(The data)
-- ===== src/Agent/Returns.antt =====
-- pkgs/host/agent/src/lib.rs: a turn of a session comes back, whatever the store does.
use jan_klod.Common.{ℕ, ◌≤◌, ◌<◌, ◌≡◌, String, List, [], ◌∷◌, map, Option, some, All}
use jan_klod.Intercept.Types.{Interceptor, ToolInvoker}
use jan_klod.Intercept.Halts.{IsDecisive}
use jan_klod.Conductor.Effects.{Parts, Limits}
use jan_klod.Conductor.Turns.{RunResult}
use jan_klod.Conductor.Halts.{Settling, run_turn_returns}
use jan_klod.Session.Persist.{Logged, log_user_message}
use jan_klod.Agent.{lift_interceptor, logged_parts, run_and_persist, unwarned, history_of}

module _ {W : Type 0} (sha256 : String → String) (now : W → ℕ) (p : Parts W)
    (tools : ToolInvoker (Logged W)) (session : String) where
  lifted-IsDecisive :
      (is : List (Interceptor W))
      → All IsDecisive is
      → All IsDecisive (map (lift_interceptor sha256 now p tools session) is)
  lifted-IsDecisive [] h = tt
  lifted-IsDecisive (i ∷ is) (h, hs) =
      ((λ phase s reply w q. h phase s reply w.inner q), lifted-IsDecisive is hs)

  logged_parts-Settling : Settling p → Settling (logged_parts sha256 now p tools session)
  unfolding logged_parts
  logged_parts-Settling settling = record {
    decisive = lifted-IsDecisive p.interceptors settling.decisive;
    fuelled = settling.fuelled;
  }

  -- Where no interceptor asks again once it has been answered, a turn of a session comes back with a
  -- result, whatever the tools and the client do, and also if the store's lock is poisoned: as many
  -- rounds as the cap are enough.
  pub run_and_persist_returns :
      (fuel : ℕ) (limits : Limits) (message : String) (principal : Option String) (s : Logged W)
      → Settling p
      → 0 < fuel
      → limits.max_iterations ≤ fuel
      → (r : RunResult) × (s' : Logged W) × (run_and_persist sha256 now p tools session fuel limits
            message principal s
          ≡ some (r, s'))
  unfolding run_and_persist
  run_and_persist_returns fuel limits message principal s settling h k =
      run_turn_returns {p = logged_parts sha256 now p tools session}
        (logged_parts-Settling settling) fuel limits session message (history_of p.codec session s)
        principal (log_user_message p.codec sha256 now session)
        (unwarned sha256 now p tools session s) h k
(End The data)
## [Exercise]
Supply the number of lines above that contain the word "IsDecisive", and nothing else.

## [Worked solution]
8